At what point does the graph of the parametric equations y=3-2t, y=-2+5t intersect the graph of the parametric equations x = -1+3s,y=5-9s. The answer is the point of intersection (x,y).
Please help! I am really confused!
I am a bit confused myself, unless you have a typo.
I will assume you meant your first set to be
x = 3-2t, y = -2 + 5t
so -1+ 3s = 3 - 2t ---> 2t + 3s = 4 **
and
-2 + 5t = 5 - 9s ---> 5t + 9s = 7 ***
3 times ** ---> 6t + 9s = 12
subtract ***
t = 5
back in **
10 + 3s = 4
3s = -6
s = -2
then x = 3 -2t = 3 -10 = -7
y = -2+5t = -2 + 25 = 23
(x,y) = (-7, 23)
OR
If you meant it the way you typed it ....
from the first, since they are both equal to y
-2+5t = 3-2t
7t = 5
t = 5/7
-2 + 5t = 5 - 9s ---> 5t + 9s = 7
sub in t = 5/7
25/7 + 9s = 7
9s = 24/7
s = 8/21
since x = -1+3s
x = -1 + 8/7 = 1/7
y = 3-2t = 3-10/7 = 11/7
point would be ( 1/7, 11/7)
Sorry it was a typo it was the first one thanks a lot!!!
To find the point of intersection of the two parametric equations, we need to find the values of t and s for which the x and y values from both equations are equal.

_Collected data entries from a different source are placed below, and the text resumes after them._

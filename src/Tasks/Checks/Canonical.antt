-- ===== src/Tasks/Checks/Canonical.antt =====
-- The texts that `_decimal` accepts.
use deixic_python.Base.{ℕ, ◌≤◌, ◌≡◌, ◌↔◌, sym, ap, ◌∙◌, subst, ok, arith, true, String}
use deixic_python.Base.Text.{text_eq_iff}
use deixic_python.Base.Decimal.{str_ℕ, value, value-str_ℕ}
use deixic_python.Value.{Value}
use deixic_python.Tasks.Checks.{max_cursor, is_decimal, decimal, decimal-ok, is_decimal-str_ℕ}

is_decimal-canonical :
    (s : String) → is_decimal s ≡ true → (str_ℕ (value 0 s) ≡ s) × (value 0 s ≤ max_cursor)
unfolding is_decimal
is_decimal-canonical s h = (ground (arith, text_eq_iff (str_ℕ (value 0 s)) s), ground arith)

decimal-inv :
    (s : String) (n : ℕ) → decimal (Value.text s) ≡ ok n → (is_decimal s ≡ true) × (value 0 s ≡ n)
unfolding decimal
decimal-inv s n h = ground arith

canonical-of :
    (v : Value) (n : ℕ) → decimal v ≡ ok n → (v ≡ Value.text (str_ℕ n)) × (n ≤ max_cursor)
unfolding decimal
canonical-of (Value.text s) n h =
    let (good, same) = decimal-inv s n h in
    let (text, small) = is_decimal-canonical s good in
    (ap Value.text (sym text ∙ ap str_ℕ same), subst (λ m. m ≤ max_cursor) same small)
canonical-of v n h = cc

-- The values that `_decimal` reads as a number are just the texts that `str` makes of it, for numbers
-- up to the largest int64: there is one text for each number, and every other value is refused.
pub decimal_iff :
    (v : Value) (n : ℕ) → (decimal v ≡ ok n) ↔ ((v ≡ Value.text (str_ℕ n)) × (n ≤ max_cursor))
decimal_iff v n = (
  canonical-of v n,
  λ (e, small).
      ap decimal e ∙ decimal-ok (str_ℕ n) (is_decimal-str_ℕ n small) ∙ ap ok (value-str_ℕ n),
)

Let's equate the y values from the two equations:
3 - 2t = 5 - 9s
To solve for t and s, we can isolate one variable and substitute it into the other equation. Let's isolate t in terms of s:
-2t = 5 - 9s - 3
-2t = 2 - 9s
t = (2 - 9s) / (-2)
Now, substitute this value of t into the x equation to find the value of x in terms of s:
x = -1 + 3s
Now that we have expressions for both x and y in terms of s, we can set them equal to each other:
-1 + 3s = (2 - 9s) / (-2)
To solve this equation, first cross-multiply:
-2(-1 + 3s) = 2 - 9s
2 - 6s = 2 - 9s
Next, we can simplify:
-6s + 9s = 0
3s = 0
s = 0
Now that we have the value of s, substitute it into either the x or y equation to find the corresponding value of t:
y = 3 - 2t
y = 3 - 2(0)
y = 3
Therefore, the point of intersection (x, y) is (0, 3).